第13話
●その夜
〖早い返信をしてくれてありがとうございます。
そう言えば、まだわたしの職場を教えていませんでしたね。ドリームアトリエ(仮)という工場です。後で検索してみてください〗
【君はどのぐらいその会社にいるの?】
〖約六年です。中には三十~四十年間勤めている人達もいます。尊敬しますね〗
【それは凄い。僕も彼らを尊敬する。ところで、今自宅にいる??】
〖はい、本を読んでいます〗
【何の本を読んでるの? 今忙しいかな?】
ほら、そうちゃん。今まさにあんたとのLINEで忙しいよ! とか言わないで。
そりゃあ、読書中だけど、別に急いで読まなきゃいけない本でもないんだし。
〖心霊現象やUFOといったオカルト系の本です。今夜はちょっと忙しく、それに眠いです〗
【じゃあ、早く寝た方がいいね。君が笑顔でlovely nightを過ごせますように】
今、『気持ち悪っ、何がlovely nightだ、この気取り猿!』とか思った?
あっちの人って、何かにつけlovelyってよく使うじゃん。男性でも女性でも。気取ってるわけじゃないよ。自然体なの、自然体。
●翌朝
そうちゃん、また怒ってるの? 莫迦の一つ覚えみたく、毎朝毎朝花の画像送り付けやがって、とか言って。
真っ赤な薔薇の花が三本。とっても綺麗じゃん。綺麗なお花を見て怒るなんて、人格崩壊してるんじゃない?
【今朝も、君のlovely smileのように素晴らしい朝であることでしょう。おはようございます。
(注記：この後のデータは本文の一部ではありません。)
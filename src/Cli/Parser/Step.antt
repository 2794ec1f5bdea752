-- ===== src/Cli/Parser/Step.antt =====
-- One round of `readNext`: it ends, and it leaves the arguments and the position alone.
use aliyun_cli.Base.{
  ◌+◌, leb, Text, txt, drop, get_or, Bool, true, false, ◌≡◌, refl, ◌∙◌, Option, none, some,
  Option-cases, inl, inr, [], ◌∷◌, length, if◌then◌else◌, ok, err, panic, timeout, bind_res,
  IsSettled, arith,
}
use aliyun_cli.Cli.Error.{Outcome}
use aliyun_cli.Cli.Flag.{Flag, FlagRef, need_value, set_is_assigned, assign}
use aliyun_cli.Cli.Flag.Laws.{assign_result, set_is_assigned_result}
use aliyun_cli.Cli.Context.Settled.{detect_flag-IsSettled, detect_flag_by_shorthand-IsSettled}
use aliyun_cli.Cli.Parser.{
  Origin, Machine, M, return, flag_of, on_flag, query, close_flag, open_flag,
  can_consume_dash_leading_value, split_string_with_prefix, parse_command_arg, token_meaning,
  feed_to, feed_value, validate_previous, await_value, start_flag, take_token, read_token, advance,
  read_next,
}

-- From `m` a method ended with `r`, and the arguments and the position are as before.
pub record Runs {A : Type 0} (m : Machine) (r : Outcome A × Machine) : Type 0 where
  pub settled : IsSettled r.0
  pub same_args : r.1.parser.args ≡ m.parser.args
  pub same_current : r.1.parser.current ≡ m.parser.current

module _ {A B : Type 0} where
  bind_res-Runs :
      (m : Machine) (r : Outcome A × Machine) (f : A → Machine → Outcome B × Machine)
      → Runs m r
      → ((a : A) (m' : Machine) → Runs m' (f a m'))
      → Runs m (bind_res r f)
  bind_res-Runs m (ok a, m') f h k =
      let next = k a m' in
      record {
        settled = next.settled;
        same_args = next.same_args ∙ h.same_args;
        same_current = next.same_current ∙ h.same_current;
      }
  bind_res-Runs m (err e, m') f h k = record {
    settled = λ e. cc;
    same_args = h.same_args;
    same_current = h.same_current;
  }
  bind_res-Runs m (panic p, m') f h k = record {
    settled = λ e. cc;
    same_args = h.same_args;
    same_current = h.same_current;
  }
  bind_res-Runs m (timeout, m') f h k = absurd (h.settled refl)

Runs-stay : {A : Type 0} (m : Machine) (r : Outcome A) → IsSettled r → Runs m (r, m)
Runs-stay m r h = record { settled = h; same_args = refl; same_current = refl }

need_value-IsSettled : (f : Flag) → IsSettled (need_value f)
unfolding need_value
need_value-IsSettled f = ground arith

assign-IsSettled : (f : Flag) (v : Text) → IsSettled (assign f v)
assign-IsSettled f v = ground (arith, assign_result f v)

set_is_assigned-IsSettled : (f : Flag) → IsSettled (set_is_assigned f)
set_is_assigned-IsSettled f = ground (arith, set_is_assigned_result f)

query-Runs :
    {A : Type 0} (r : FlagRef) (f : Flag → Outcome A) (m : Machine)
    → IsSettled (f (flag_of m r))
    → Runs m (query r f m)
query-Runs r f m h = Runs-stay m (f (flag_of m r)) h

on_flag-Runs :
    (r : FlagRef) (f : Flag → Outcome Flag) (m : Machine)
    → IsSettled (f (flag_of m r))
    → Runs m (on_flag r f m)
on_flag-Runs r f m h = record {
  settled = ground arith;
  same_args = ground arith;
  same_current = ground arith;
}

can_consume-Runs : (s : Text) (m : Machine) → Runs m (can_consume_dash_leading_value s m)
unfolding can_consume_dash_leading_value
can_consume-Runs s m = elim (Option-cases m.parser.current_flag) [
  | inl e ↦ record { settled = ground arith; same_args = ground arith; same_current = ground arith }
  | inr (r, e) ↦
      let known = need_value-IsSettled (flag_of m r) in
      record { settled = ground arith; same_args = ground arith; same_current = ground arith }
]

parse_command_arg-Runs : (s : Text) (m : Machine) → Runs m (parse_command_arg s m)
unfolding parse_command_arg
parse_command_arg-Runs s m =
    let prefix = (split_string_with_prefix s (txt "=:")).0 in
    let long = detect_flag-IsSettled (drop 2 prefix) m.session in
    let short = detect_flag_by_shorthand-IsSettled (get_or prefix 1 0) m.session in
    record { settled = ground arith; same_args = ground arith; same_current = ground arith }

token_meaning-Runs :
    (s : Text) (m : Machine) (r : Outcome (Option FlagRef × Text) × Machine)
    → Runs m r
    → Runs m (token_meaning s r)
unfolding token_meaning
token_meaning-Runs s m (err e, m') h =
    let consumed = can_consume-Runs s m' in
    record { settled = ground arith; same_args = ground arith; same_current = ground arith }
token_meaning-Runs s m (ok (none, []), m') h =
    let consumed = can_consume-Runs s m' in
    record { settled = ground arith; same_args = ground arith; same_current = ground arith }
token_meaning-Runs s m (ok (none, c ∷ v), m') h = h
token_meaning-Runs s m (ok (some r, v), m') h = h
token_meaning-Runs s m (panic p, m') h = h
token_meaning-Runs s m (timeout, m') h = h

close_flag-Runs : (m : Machine) → Runs m (close_flag m)
close_flag-Runs m = record { settled = ground arith; same_args = refl; same_current = refl }

open_flag-Runs : (r : FlagRef) (o : Origin) (m : Machine) → Runs m (open_flag r o m)
open_flag-Runs r o m = record { settled = ground arith; same_args = refl; same_current = refl }

if-Runs :
    {A : Type 0} (b : Bool) (f g : M A) (m : Machine)
    → Runs m (f m)
    → Runs m (g m)
    → Runs m ((if b then f else g) m)
if-Runs true f g m h k = h
if-Runs false f g m h k = k

Runs-ok : {A : Type 0} (a : A) (m : Machine) → Runs m (ok a, m)
Runs-ok a m = Runs-stay m (ok a) (ground arith)

feed_to-Runs : (value : Text) (r : FlagRef) (m : Machine) → Runs m (feed_to value r m)
unfolding feed_to
feed_to-Runs value r m =
    bind_res-Runs m _ _
      (on_flag-Runs r (λ f. assign f value) m (assign-IsSettled (flag_of m r) value))
      λ _ m1.
        bind_res-Runs m1 _ _ (query-Runs r need_value m1 (need_value-IsSettled (flag_of m1 r)))
          λ needs m2.
            bind_res-Runs m2 _ _
              (if-Runs needs (return tt) close_flag m2 (Runs-ok tt m2) (close_flag-Runs m2))
              λ _ m3. Runs-ok [] m3

feed_value-Runs : (value : Text) (m : Machine) → Runs m (feed_value value m)
unfolding feed_value
feed_value-Runs value m = elim (Option-cases m.parser.current_flag) [
  | inl e ↦ record { settled = ground arith; same_args = ground arith; same_current = ground arith }
  | inr (r, e) ↦
      let fed = feed_to-Runs value r m in
      record { settled = ground arith; same_args = ground arith; same_current = ground arith }
]

validate_previous-Runs : (m : Machine) → Runs m (validate_previous m)
unfolding validate_previous
validate_previous-Runs m = record {
  settled = ground arith;
  same_args = ground arith;
  same_current = ground arith;
}

await_value-Runs : (s : Text) (r : FlagRef) (m : Machine) → Runs m (await_value s r m)
unfolding await_value
await_value-Runs s r m =
    bind_res-Runs m _ _ (query-Runs r need_value m (need_value-IsSettled (flag_of m r)))
      (λ needs m'.
        bind_res-Runs m' _ _
          (if-Runs needs (open_flag r _) (return tt) m' (open_flag-Runs r _ m') (Runs-ok tt m'))
          (λ u m''. Runs-ok [] m''))

start_flag-Runs :
    (s : Text) (r : FlagRef) (value : Text) (m : Machine) → Runs m (start_flag s r value m)
unfolding start_flag
start_flag-Runs s r [] m = await_value-Runs s r m
start_flag-Runs s r (c ∷ v) m =
    bind_res-Runs m _ _
      (on_flag-Runs r (λ f. assign f (c ∷ v)) m (assign-IsSettled (flag_of m r) (c ∷ v)))
      λ _ m'. Runs-ok [] m'

take_token-Runs : (s : Text) (t : Option FlagRef × Text) (m : Machine) → Runs m (take_token s t m)
unfolding take_token
take_token-Runs s (none, value) m = feed_value-Runs value m
take_token-Runs s (some r, value) m =
    bind_res-Runs m _ _ (on_flag-Runs r set_is_assigned m (set_is_assigned-IsSettled (flag_of m r)))
      λ _ m1. bind_res-Runs m1 _ _ (validate_previous-Runs m1) λ _ m2. start_flag-Runs s r value m2

pub read_token-Runs : (s : Text) (m : Machine) → Runs m (read_token s m)
unfolding read_token
read_token-Runs s m =
    bind_res-Runs m _ _ (token_meaning-Runs s m _ (parse_command_arg-Runs s m)) (take_token-Runs s)

-- What one call of `readNext` does to the position: at the end of the arguments nothing happens;
-- before it, whatever the token is and whether or not it is refused, exactly one argument is
-- passed. The arguments stay.
pub read_next_step :
    (m : Machine)
    → let (r, m') = read_next m in
      IsSettled r
      × (m'.parser.args ≡ m.parser.args)
      × (m'.parser.current ≡ (
          if leb (length m.parser.args) m.parser.current
          then m.parser.current
          else m.parser.current + 1))
unfolding read_next
read_next_step m =
    let token = get_or m.parser.args m.parser.current [] in
    let run = read_token-Runs token (advance m) in ground arith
よく眠れた? 明るく輝く笑顔で目覚めていればいいな】
またlovelyとか言ってるね。そうちゃん、もう呆れてる?
とりあえず、今時間ないから、返信は後にするわ。
●その夜
〖ローランド、毎朝美しいお花を見せてくれてありがとうございます。朝からとても幸せな気持ちになりますし、それに元気が出ます。
今から夕飯なので、また後で……〗
……って、あれれ? またすぐに返信くれてる。
もぉ~、ローランドったら、夕飯後まで待ち切れないのかなぁ♥ そんなにわたしとお話したいんだね。
【何かと君の支えになってケアができていれば僕は幸せだ。僕は特に君の前では、誠実で寛大で謙虚で正直で、そして理解のある嘘偽りのない人間でありたい。
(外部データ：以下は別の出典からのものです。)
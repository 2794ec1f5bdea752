-- ===== src/Cli/Parser/Loops.antt =====
-- `ReadNextArg` and `ReadAll` end, and how far they read.
use aliyun_cli.Base.{
  ℕ, suc, zero, ◌<◌, ◌≤◌, ◌+◌, leb, Text, is_empty, Bool, true, false, ◌≡◌, refl, sym, ap, ◌∙◌, ◌⊎◌,
  inl, inr, Bool-cases, List, [], ◌∷◌, length, ok, err, panic, timeout, bind_res, IsSettled, arith,
}
use aliyun_cli.Cli.Error.{CliError, Panic, Outcome}
use aliyun_cli.Cli.Parser.{
  Machine, M, read_next, remaining, read_next_arg, read_all, append_arg, advance, next_arg_round,
  all_round,
}
use aliyun_cli.Cli.Parser.Step.{Runs, read_token-Runs}

-- The result of one `readNext`, as the loops use it.
data Next (m : Machine) : Outcome (Text × Bool) × Machine → Type 0 where
  at_end : length m.parser.args ≤ m.parser.current → Next m (ok ([], false), m)
  read :
      (arg : Text) (m' : Machine)
      → suc (remaining m') ≡ remaining m
      → m'.parser.args ≡ m.parser.args
      → m'.parser.current ≡ m.parser.current + 1
      → Next m (ok (arg, true), m')
  failed : (e : CliError) (m' : Machine) → Next m (err e, m')
  panicked : (p : Panic) (m' : Machine) → Next m (panic p, m')

token-Next :
    (m : Machine) (x : Outcome Text × Machine)
    → leb (length m.parser.args) m.parser.current ≡ false
    → Runs (advance m) x
    → Next m (bind_res x (λ arg m'. (ok (arg, true), m')))
token-Next m (ok arg, m') more run =
    read arg m' (ground (arith, ap (length {0}) run.same_args, run.same_current)) run.same_args
      run.same_current
token-Next m (err e, m') more run = failed e m'
token-Next m (panic p, m') more run = panicked p m'
token-Next m (timeout, m') more run = absurd (run.settled refl)

read_next-Next : (m : Machine) → Next m (read_next m)
unfolding read_next
read_next-Next m = elim (Bool-cases (leb (length m.parser.args) m.parser.current)) [
  | inl done ↦ rw done (at_end (ground arith))
  | inr more ↦ rw more (token-Next m _ more (read_token-Runs _ (advance m)))
]

all_round-IsSettled :
    (again : List Text → M (List Text)) (r : List Text) (m : Machine)
    (x : Outcome (Text × Bool) × Machine)
    → Next m x
    → ((r' : List Text) (m' : Machine)
        → suc (remaining m') ≡ remaining m
        → IsSettled (again r' m').0)
    → IsSettled (bind_res x (all_round again r)).0
all_round-IsSettled again r m _ (at_end h) k = ground arith
all_round-IsSettled again r m _ (read arg m' less _ _) k = k (append_arg r arg) m' less
all_round-IsSettled again r m _ (failed e m') k = ground arith
all_round-IsSettled again r m _ (panicked p m') k = ground arith

-- `ReadAll` ends: with more fuel than there are tokens left it never runs out.
pub read_all-IsSettled :
    (fuel : ℕ) (r : List Text) (m : Machine) → remaining m < fuel → IsSettled (read_all fuel r m).0
unfolding read_all
read_all-IsSettled zero r m h = elim h [ ]
read_all-IsSettled (suc fuel) r m h =
    all_round-IsSettled (read_all fuel) r m _ (read_next-Next m)
      (λ r' m' less. read_all-IsSettled fuel r' m' (omega arith))

all_round_end :
    (again : List Text → M (List Text)) (r : List Text) (m : Machine)
    (x : Outcome (Text × Bool) × Machine) {rs : List Text} {m' : Machine}
    → Next m x
    → ((r' : List Text) (m1 : Machine)
        → again r' m1 ≡ (ok rs, m')
        → length m'.parser.args ≤ m'.parser.current)
    → bind_res x (all_round again r) ≡ (ok rs, m')
    → length m'.parser.args ≤ m'.parser.current
all_round_end again r m _ (at_end h) k e = ground arith
all_round_end again r m _ (read arg m1 less _ _) k e = k (append_arg r arg) m1 e
all_round_end again r m _ (failed e' m1) k e = cc
all_round_end again r m _ (panicked p m1) k e = cc

-- A `ReadAll` that succeeds has read every argument.
pub read_all_end :
    (fuel : ℕ) (r : List Text) (m : Machine) {rs : List Text} {m' : Machine}
    → read_all fuel r m ≡ (ok rs, m')
    → length m'.parser.args ≤ m'.parser.current
unfolding read_all
read_all_end zero r m e = cc
read_all_end (suc fuel) r m e =
    all_round_end (read_all fuel) r m _ (read_next-Next m) (λ r' m1. read_all_end fuel r' m1) e

next_round-IsSettled :
    (again : M (Text × Bool)) (m : Machine) (x : Outcome (Text × Bool) × Machine)
    → Next m x
    → ((m' : Machine) → suc (remaining m') ≡ remaining m → IsSettled (again m').0)
    → IsSettled (bind_res x (next_arg_round again)).0
next_round-IsSettled again m _ (at_end h) k = ground arith
next_round-IsSettled again m _ (read [] m' less _ _) k = k m' less
next_round-IsSettled again m _ (read (c ∷ cs) m' less _ _) k = ground arith
next_round-IsSettled again m _ (failed e m') k = ground arith
next_round-IsSettled again m _ (panicked p m') k = ground arith

-- `ReadNextArg` ends: with more fuel than there are tokens left it never runs out.
pub read_next_arg-IsSettled :
    (fuel : ℕ) (m : Machine) → remaining m < fuel → IsSettled (read_next_arg fuel m).0
unfolding read_next_arg
read_next_arg-IsSettled zero m h = elim h [ ]
read_next_arg-IsSettled (suc fuel) m h =
    next_round-IsSettled (read_next_arg fuel) m _ (read_next-Next m)
      (λ m' less. read_next_arg-IsSettled fuel m' (omega arith))

-- How a successful `ReadNextArg` moves on: the arguments stay, and an argument that is not empty
-- left fewer tokens to read.
pub record MovesOn (m : Machine) (arg : Text) (m' : Machine) : Type 0 where
  pub keeps_args : m'.parser.args ≡ m.parser.args
  pub not_before : m.parser.current ≤ m'.parser.current
  pub behind : (is_empty arg ≡ true) ⊎ (remaining m' < remaining m)

same_machine :
    {A : Type 0} {r t : Outcome A} {m m' : Machine}
    → ◌≡◌ {A = Outcome A × Machine} (r, m) (t, m')
    → m ≡ m'
same_machine e = ap (λ (x : Outcome _ × Machine). x.1) e

next_round-MovesOn :
    (again : M (Text × Bool)) (m : Machine) (x : Outcome (Text × Bool) × Machine) {arg : Text}
    {b : Bool} {m' : Machine}
    → Next m x
    → ((m1 : Machine) → again m1 ≡ (ok (arg, b), m') → MovesOn m1 arg m')
    → bind_res x (next_arg_round again) ≡ (ok (arg, b), m')
    → MovesOn m arg m'
next_round-MovesOn again m _ (at_end h) k e = record {
  keeps_args = ground arith;
  not_before = ground arith;
  behind = inl (ground arith);
}
next_round-MovesOn again m _ (read [] m1 less same on) k e =
    let later = k m1 e in
    record {
      keeps_args = later.keeps_args ∙ same;
      not_before = omega arith;
      behind = inr (omega (arith, ap (length {0}) later.keeps_args));
    }
next_round-MovesOn again m _ (read (c ∷ cs) m1 less same on) k e =
    let stop = same_machine e in
    record {
      keeps_args = ap (λ (n : Machine). n.parser.args) (sym stop) ∙ same;
      not_before = omega (arith, ap (λ (n : Machine). n.parser.current) stop);
      behind = inr (omega (arith, ap remaining stop));
    }
next_round-MovesOn again m _ (failed x m1) k e = record {
  keeps_args = cc;
  not_before = cc;
  behind = cc;
}
next_round-MovesOn again m _ (panicked p m1) k e = record {
  keeps_args = cc;
  not_before = cc;
  behind = cc;
}

pub read_next_arg-MovesOn :
    (fuel : ℕ) (m : Machine) {arg : Text} {b : Bool} {m' : Machine}
    → read_next_arg fuel m ≡ (ok (arg, b), m')
    → MovesOn m arg m'
unfolding read_next_arg
read_next_arg-MovesOn zero m e = record { keeps_args = cc; not_before = cc; behind = cc }
read_next_arg-MovesOn (suc fuel) m e =
    next_round-MovesOn (read_next_arg fuel) m _ (read_next-Next m)
      (λ m1. read_next_arg-MovesOn fuel m1) e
僕は花が大好きでね。花が美しいのは、受粉の為にあえて魅力的に魅せているからなんだ。花を見ることで、君の脳内ではドーパミンやセロトニン、それにオキシトシンが分泌されて幸福を感じる。
今日はどんな一日だった? 夕飯は何??】
【LINE届いてる?? そこにいる??】
ローランド、ずいぶんせっかちだなぁ~♪ そんなに急かさなくても、ちゃんと返信するのに。
〖今日の仕事は信じられないほどぶっ飛んで忙しかったです。夕飯はシンプルに納豆でした。ローランド、あなたはもしかしたら好きではないかもしれません。でも、とても体にいいんですよ〗
【それはいい。自宅にいる時はリラックスして、体を休めないとね。今夜はもうお風呂に入って、フレッシュになれた??】
え? あんたがひっきりなしに連絡してくるから、こちとらリラックスできねーんだよ、だって?
そうちゃん、そんなこと言わないでよ。ローランドだって、わたしとお話して、リラックスしたいんだよ。
〖まだです。軽くストレッチをしたら入ります。ところで、ウクライナと日本の時差は何時間でしたっけ? 今、そちらはサマータイムですよね?〗
【サマータイム期間は、ウクライナより東京が六時間進んでいるよ。ところでアヤナ、君の写真なんて送ってもらえるかな??】
えー!!!♥ どうしよう!? わたしの写真!? うーん……わたし、写真写りが破滅的なのに……。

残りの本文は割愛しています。